*WORK TO COMPLETE*:
Find the word "codes" in the listing below. Copy every line that has it.

*THE DATA*:
-- ===== src/Text/Split.antt =====
-- Laws of the splitting methods.
use zboot.Base.{
  ℕ, ◌≡◌, ◌≢◌, refl, ap, sym, All-append, false, List, [], ◌∷◌, ◌++◌, none, some, Str, arith,
  is_empty, All, Option-cases, inl, inr, nat_eq, str_beq, append-nil,
}
use zboot.Text.{codes, split_once, rsplit_once, split, last_part, join, strip_prefix}

-- `c` does not occur.
abbrev pub Lacks : ℕ → Str → Type 0
Lacks c = All (λ x. x ≢ c)

module _ (sep : ℕ) where
  -- The first separator is where the cut is made.
  pub split_once-append : (a b : Str) → Lacks sep a → split_once sep (a ++ sep ∷ b) ≡ some (a, b)
  unfolding split_once
  split_once-append [] b h = ground arith
  split_once-append (c ∷ a) b (hc, ha) = ground (arith, split_once-append a b ha)

  pub split_once_sound :
      (s : Str) (a b : Str) → split_once sep s ≡ some (a, b) → (s ≡ a ++ sep ∷ b) × Lacks sep a
  unfolding split_once
  split_once_sound [] a b h = ground arith
  split_once_sound (c ∷ s) [] b h = ground (arith, split_once_sound s [] b)
  split_once_sound (c ∷ s) (d ∷ a) b h = ground (arith, split_once_sound s a b)

  pub rsplit_once-Lacks : (s : Str) → Lacks sep s → rsplit_once sep s ≡ none
  unfolding rsplit_once
  rsplit_once-Lacks [] h = refl
  rsplit_once-Lacks (c ∷ s) (hc, hs) = ground (arith, rsplit_once-Lacks s hs)

  -- The last separator is where the cut is made.
  pub rsplit_once-append : (a b : Str) → Lacks sep b → rsplit_once sep (a ++ sep ∷ b) ≡ some (a, b)
  unfolding rsplit_once
  rsplit_once-append [] b h = ground (arith, rsplit_once-Lacks b h)
  rsplit_once-append (c ∷ a) b h = ground (arith, rsplit_once-append a b h)

  pub rsplit_once-none : (s : Str) → rsplit_once sep s ≡ none → Lacks sep s
  unfolding rsplit_once
  rsplit_once-none [] h = tt
  rsplit_once-none (c ∷ s) h = ground (arith, rsplit_once-none s)

  pub rsplit_once_sound :
      (s : Str) (a b : Str) → rsplit_once sep s ≡ some (a, b) → (s ≡ a ++ sep ∷ b) × Lacks sep b
  unfolding rsplit_once
  rsplit_once_sound [] a b h = ground arith
  rsplit_once_sound (c ∷ s) [] b h = ground (arith, rsplit_once_sound s [] b, rsplit_once-none s)
  rsplit_once_sound (c ∷ s) (d ∷ a) b h = ground (arith, rsplit_once_sound s a b)

  -- A part without separators is split off whole.
  pub split-Lacks : (a : Str) → Lacks sep a → split sep a ≡ a ∷ []
  unfolding split
  split-Lacks [] h = refl
  split-Lacks (c ∷ a) (hc, ha) = ground (arith, split-Lacks a ha)

  pub split-append : (a b : Str) → Lacks sep a → split sep (a ++ sep ∷ b) ≡ a ∷ split sep b
  unfolding split
  split-append [] b h = ground arith
  split-append (c ∷ a) b (hc, ha) = ground (arith, split-append a b ha)

  -- Splitting a join gives the parts back, if there is one and none holds the separator.
  pub split-join :
      (p : Str) (ps : List Str)
      → All (Lacks sep) (p ∷ ps)
      → split sep (join (sep ∷ []) (p ∷ ps)) ≡ p ∷ ps
  unfolding join
  split-join p [] (h, _) = split-Lacks p h
  split-join p (q ∷ ps) (h, hs) = rw (split-append p _ h) (ap (λ r. p ∷ r) (split-join q ps hs))

  -- The text behind the last separator holds none.
  pub last_part-Lacks : (s : Str) → Lacks sep (last_part sep s)
  unfolding last_part
  last_part-Lacks s = elim (Option-cases (rsplit_once sep s)) [
    | inl e ↦ rw (e, last_part) (rsplit_once-none s e)
    | inr ((a, b), e) ↦ rw (e, last_part) (rsplit_once_sound s a b e).1
  ]

-- A prefix comes off what was put behind it.
pub strip_prefix-append : (p s : Str) → strip_prefix p (p ++ s) ≡ some s
unfolding strip_prefix
strip_prefix-append [] s = refl
strip_prefix-append (c ∷ p) s = ground (arith, strip_prefix-append p s)

pub strip_prefix_sound : (p s : Str) {r : Str} → strip_prefix p s ≡ some r → s ≡ p ++ r
unfolding strip_prefix
strip_prefix_sound [] s h = ground arith
strip_prefix_sound (c ∷ p) [] h = ground arith
strip_prefix_sound (c ∷ p) (d ∷ s) {r} h = ground (arith, strip_prefix_sound p s {r = r})

-- A join begins with its first part.
pub join-head : (sep p : Str) (ps : List Str) → (r : Str) × (join sep (p ∷ ps) ≡ p ++ r)
unfolding join
join-head sep p [] = ([], sym (append-nil p))
join-head sep p (q ∷ ps) = (sep ++ join sep (q ∷ ps), refl)

-- What holds of every character of the parts and of the separator holds in the join.
pub join-All :
    (P : ℕ → Type 0) (sep : Str) (ps : List Str) → All P sep → All (All P) ps → All P (join sep ps)
unfolding join
join-All P sep [] hs h = tt
join-All P sep (p ∷ []) hs (hp, _) = hp
join-All P sep (p ∷ q ∷ ps) hs (hp, h) =
    All-append P p _ hp (All-append P sep _ hs (join-All P sep (q ∷ ps) hs h))

-- A text with something on both sides of a character is neither empty nor a dash.
pub append-ne-dash :
    (a : Str) (c : ℕ) (b : Str)
    → a ≢ []
    → (is_empty (a ++ c ∷ b) ≡ false) × (str_beq (a ++ c ∷ b) (codes "-") ≡ false)
unfolding str_beq
append-ne-dash [] c b h = absurd (h refl)
append-ne-dash (x ∷ []) c b h = (refl, ground arith)
append-ne-dash (x ∷ y ∷ a) c b h = (refl, ground arith)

*REPLY TO THE EXERCISE*:
use zboot.Text.{codes, split_once, rsplit_once, split, last_part, join, strip_prefix}
    → (is_empty (a ++ c ∷ b) ≡ false) × (str_beq (a ++ c ∷ b) (codes "-") ≡ false)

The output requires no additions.